Count every line in the data below that includes "draws", and give only the result.

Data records

---

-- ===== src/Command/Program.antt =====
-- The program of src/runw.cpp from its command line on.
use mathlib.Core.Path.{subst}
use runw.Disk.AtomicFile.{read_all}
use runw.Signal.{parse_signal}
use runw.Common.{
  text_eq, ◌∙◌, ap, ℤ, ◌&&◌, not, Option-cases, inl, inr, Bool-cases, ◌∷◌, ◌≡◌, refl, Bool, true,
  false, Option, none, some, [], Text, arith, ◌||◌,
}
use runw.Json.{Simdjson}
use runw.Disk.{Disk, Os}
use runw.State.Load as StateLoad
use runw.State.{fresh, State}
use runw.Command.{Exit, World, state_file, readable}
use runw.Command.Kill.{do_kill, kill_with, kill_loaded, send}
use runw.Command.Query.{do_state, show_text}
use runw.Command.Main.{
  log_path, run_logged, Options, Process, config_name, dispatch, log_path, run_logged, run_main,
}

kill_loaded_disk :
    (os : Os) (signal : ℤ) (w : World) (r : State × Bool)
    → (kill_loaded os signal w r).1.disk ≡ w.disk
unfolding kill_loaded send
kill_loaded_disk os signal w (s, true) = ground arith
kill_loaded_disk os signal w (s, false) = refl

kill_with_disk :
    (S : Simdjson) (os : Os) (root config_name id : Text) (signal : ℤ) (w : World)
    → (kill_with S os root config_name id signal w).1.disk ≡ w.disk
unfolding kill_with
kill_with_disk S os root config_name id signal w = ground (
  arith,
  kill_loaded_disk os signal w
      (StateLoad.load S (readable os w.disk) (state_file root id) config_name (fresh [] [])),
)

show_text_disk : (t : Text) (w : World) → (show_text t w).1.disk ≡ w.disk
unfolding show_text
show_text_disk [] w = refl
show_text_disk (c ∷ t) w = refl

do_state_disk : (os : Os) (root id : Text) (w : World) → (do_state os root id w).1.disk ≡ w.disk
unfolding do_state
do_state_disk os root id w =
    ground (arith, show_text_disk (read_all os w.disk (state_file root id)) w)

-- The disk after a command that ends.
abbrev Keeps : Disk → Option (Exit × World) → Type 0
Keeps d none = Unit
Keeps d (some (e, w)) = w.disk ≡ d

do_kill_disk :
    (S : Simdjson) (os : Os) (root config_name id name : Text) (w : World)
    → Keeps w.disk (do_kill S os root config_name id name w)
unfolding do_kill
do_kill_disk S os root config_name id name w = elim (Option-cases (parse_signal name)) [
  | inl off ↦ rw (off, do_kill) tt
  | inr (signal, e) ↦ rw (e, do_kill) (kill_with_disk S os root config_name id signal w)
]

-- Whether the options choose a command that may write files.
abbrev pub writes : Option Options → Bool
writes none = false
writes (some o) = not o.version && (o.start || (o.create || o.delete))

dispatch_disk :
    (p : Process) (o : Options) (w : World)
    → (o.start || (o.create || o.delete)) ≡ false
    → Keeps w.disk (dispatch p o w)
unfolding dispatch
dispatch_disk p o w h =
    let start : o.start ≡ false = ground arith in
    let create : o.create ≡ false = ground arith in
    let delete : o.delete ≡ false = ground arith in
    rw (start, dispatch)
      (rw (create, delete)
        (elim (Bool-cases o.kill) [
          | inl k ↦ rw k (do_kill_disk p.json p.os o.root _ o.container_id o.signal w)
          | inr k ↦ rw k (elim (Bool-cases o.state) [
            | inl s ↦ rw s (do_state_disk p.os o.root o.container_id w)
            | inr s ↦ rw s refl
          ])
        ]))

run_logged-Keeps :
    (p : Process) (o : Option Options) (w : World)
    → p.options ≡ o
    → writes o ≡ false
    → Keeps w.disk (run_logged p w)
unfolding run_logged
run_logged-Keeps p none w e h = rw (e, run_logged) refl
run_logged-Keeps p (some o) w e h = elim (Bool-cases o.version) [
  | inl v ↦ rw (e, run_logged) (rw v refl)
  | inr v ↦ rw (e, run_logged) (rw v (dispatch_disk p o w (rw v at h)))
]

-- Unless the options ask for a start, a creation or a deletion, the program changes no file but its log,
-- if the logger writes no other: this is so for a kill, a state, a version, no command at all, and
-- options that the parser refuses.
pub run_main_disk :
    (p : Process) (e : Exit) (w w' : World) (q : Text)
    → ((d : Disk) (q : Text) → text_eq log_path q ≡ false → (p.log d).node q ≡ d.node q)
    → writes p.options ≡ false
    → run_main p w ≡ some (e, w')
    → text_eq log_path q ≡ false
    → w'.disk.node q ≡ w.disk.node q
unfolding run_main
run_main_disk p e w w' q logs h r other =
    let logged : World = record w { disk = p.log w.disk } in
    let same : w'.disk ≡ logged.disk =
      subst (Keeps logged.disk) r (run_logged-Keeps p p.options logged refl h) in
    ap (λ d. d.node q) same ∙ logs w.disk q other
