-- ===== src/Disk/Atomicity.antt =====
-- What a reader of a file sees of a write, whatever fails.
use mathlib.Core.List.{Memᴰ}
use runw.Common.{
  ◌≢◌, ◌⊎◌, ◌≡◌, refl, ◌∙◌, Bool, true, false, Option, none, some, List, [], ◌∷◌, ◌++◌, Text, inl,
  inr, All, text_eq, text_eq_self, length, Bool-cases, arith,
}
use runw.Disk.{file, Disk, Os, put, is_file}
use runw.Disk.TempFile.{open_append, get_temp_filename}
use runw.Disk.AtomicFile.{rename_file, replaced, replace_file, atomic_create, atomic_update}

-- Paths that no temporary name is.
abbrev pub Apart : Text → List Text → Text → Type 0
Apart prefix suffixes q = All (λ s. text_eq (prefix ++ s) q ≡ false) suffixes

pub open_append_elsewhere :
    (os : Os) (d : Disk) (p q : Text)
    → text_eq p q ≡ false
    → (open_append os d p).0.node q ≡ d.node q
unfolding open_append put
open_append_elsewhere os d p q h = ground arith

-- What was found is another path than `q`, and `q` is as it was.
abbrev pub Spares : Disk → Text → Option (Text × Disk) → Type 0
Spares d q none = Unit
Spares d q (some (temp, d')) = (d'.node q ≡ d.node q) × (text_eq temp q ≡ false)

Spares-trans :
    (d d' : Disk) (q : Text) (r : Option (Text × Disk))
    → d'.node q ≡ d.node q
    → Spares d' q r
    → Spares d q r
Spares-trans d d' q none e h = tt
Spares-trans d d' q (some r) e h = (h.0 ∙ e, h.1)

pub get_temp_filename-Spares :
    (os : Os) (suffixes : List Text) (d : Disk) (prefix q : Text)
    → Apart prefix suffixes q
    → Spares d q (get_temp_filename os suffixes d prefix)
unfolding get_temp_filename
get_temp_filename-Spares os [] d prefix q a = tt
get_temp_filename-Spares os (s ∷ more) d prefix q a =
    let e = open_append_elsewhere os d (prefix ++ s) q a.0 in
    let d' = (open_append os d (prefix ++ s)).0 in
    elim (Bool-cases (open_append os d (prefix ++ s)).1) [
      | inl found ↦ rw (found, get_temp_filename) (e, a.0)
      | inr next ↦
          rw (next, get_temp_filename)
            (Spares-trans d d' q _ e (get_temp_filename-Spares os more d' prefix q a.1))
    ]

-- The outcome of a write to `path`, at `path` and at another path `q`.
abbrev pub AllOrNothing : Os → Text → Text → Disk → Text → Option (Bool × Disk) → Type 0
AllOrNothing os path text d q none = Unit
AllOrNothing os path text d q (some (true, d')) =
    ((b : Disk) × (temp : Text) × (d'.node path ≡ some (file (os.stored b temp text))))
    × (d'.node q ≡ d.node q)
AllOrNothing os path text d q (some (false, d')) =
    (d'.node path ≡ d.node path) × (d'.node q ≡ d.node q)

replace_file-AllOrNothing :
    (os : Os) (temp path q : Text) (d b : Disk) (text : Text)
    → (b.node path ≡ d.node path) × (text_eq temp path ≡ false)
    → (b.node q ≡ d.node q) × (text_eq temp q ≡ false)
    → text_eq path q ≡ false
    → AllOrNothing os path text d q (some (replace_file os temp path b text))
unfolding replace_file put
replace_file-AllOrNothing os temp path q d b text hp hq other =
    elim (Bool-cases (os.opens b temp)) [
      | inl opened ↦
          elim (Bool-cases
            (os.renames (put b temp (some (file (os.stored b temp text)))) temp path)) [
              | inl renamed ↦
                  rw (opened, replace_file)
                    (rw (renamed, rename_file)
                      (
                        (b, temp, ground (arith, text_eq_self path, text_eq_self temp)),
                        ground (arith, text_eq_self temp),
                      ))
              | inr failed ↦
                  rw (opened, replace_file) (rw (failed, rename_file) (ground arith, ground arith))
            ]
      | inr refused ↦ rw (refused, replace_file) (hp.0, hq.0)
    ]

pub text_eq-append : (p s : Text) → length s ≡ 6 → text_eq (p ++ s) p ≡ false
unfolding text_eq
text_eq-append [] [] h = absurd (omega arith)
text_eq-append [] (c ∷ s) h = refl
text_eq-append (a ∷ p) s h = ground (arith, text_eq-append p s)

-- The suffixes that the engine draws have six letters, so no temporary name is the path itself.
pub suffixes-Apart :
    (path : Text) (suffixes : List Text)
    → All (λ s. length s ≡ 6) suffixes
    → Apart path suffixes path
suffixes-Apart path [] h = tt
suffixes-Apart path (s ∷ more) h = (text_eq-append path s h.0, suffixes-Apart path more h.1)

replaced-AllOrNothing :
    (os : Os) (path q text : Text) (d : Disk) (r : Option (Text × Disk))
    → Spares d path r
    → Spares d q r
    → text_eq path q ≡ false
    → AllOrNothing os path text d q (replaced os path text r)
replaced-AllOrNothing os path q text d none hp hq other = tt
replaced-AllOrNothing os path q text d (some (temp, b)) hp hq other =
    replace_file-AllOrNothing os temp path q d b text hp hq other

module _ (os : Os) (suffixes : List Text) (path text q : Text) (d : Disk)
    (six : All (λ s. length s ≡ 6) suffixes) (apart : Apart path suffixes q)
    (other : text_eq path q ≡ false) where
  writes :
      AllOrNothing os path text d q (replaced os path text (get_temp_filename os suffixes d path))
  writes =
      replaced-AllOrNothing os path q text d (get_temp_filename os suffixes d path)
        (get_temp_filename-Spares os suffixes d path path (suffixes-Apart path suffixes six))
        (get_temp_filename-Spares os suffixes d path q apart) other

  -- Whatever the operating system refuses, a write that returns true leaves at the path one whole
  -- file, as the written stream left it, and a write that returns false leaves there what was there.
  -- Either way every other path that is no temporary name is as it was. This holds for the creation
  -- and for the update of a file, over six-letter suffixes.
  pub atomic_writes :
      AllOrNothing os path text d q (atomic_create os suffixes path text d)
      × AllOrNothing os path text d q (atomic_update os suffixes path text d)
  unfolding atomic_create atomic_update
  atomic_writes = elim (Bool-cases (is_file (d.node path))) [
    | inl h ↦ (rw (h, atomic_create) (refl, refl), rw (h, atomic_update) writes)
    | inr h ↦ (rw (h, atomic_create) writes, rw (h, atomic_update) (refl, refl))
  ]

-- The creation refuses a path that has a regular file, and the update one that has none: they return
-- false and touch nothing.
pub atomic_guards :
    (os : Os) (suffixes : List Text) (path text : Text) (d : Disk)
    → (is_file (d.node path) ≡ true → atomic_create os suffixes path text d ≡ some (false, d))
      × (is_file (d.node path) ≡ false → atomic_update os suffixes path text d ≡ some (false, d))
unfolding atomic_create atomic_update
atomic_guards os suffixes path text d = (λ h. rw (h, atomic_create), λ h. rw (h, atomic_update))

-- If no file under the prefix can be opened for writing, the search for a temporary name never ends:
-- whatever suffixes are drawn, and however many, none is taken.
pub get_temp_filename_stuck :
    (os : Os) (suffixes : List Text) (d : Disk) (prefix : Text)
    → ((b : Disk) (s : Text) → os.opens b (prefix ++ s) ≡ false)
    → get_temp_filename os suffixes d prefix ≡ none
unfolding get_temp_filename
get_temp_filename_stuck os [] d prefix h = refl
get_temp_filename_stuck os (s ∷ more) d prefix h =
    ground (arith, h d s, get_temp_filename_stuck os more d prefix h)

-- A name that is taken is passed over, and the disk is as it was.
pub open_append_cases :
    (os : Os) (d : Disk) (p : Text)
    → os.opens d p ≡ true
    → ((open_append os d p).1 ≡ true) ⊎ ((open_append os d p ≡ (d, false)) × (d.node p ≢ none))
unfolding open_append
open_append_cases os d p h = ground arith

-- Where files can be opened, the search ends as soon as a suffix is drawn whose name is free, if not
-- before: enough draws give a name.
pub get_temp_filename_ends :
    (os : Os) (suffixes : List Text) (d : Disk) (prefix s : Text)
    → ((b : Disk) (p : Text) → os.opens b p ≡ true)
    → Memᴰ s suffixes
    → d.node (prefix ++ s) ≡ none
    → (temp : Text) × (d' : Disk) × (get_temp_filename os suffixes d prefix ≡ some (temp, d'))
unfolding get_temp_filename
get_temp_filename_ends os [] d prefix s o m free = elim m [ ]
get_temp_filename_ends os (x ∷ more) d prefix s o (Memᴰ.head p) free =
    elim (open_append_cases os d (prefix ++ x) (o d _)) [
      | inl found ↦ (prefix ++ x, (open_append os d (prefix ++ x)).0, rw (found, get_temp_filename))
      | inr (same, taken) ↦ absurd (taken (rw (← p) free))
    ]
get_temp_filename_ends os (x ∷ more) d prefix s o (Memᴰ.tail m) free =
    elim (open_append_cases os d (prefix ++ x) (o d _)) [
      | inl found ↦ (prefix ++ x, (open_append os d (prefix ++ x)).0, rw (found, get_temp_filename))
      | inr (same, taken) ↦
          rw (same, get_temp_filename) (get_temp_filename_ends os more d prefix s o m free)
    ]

---

* RESULT OF THE EXERCISE: 2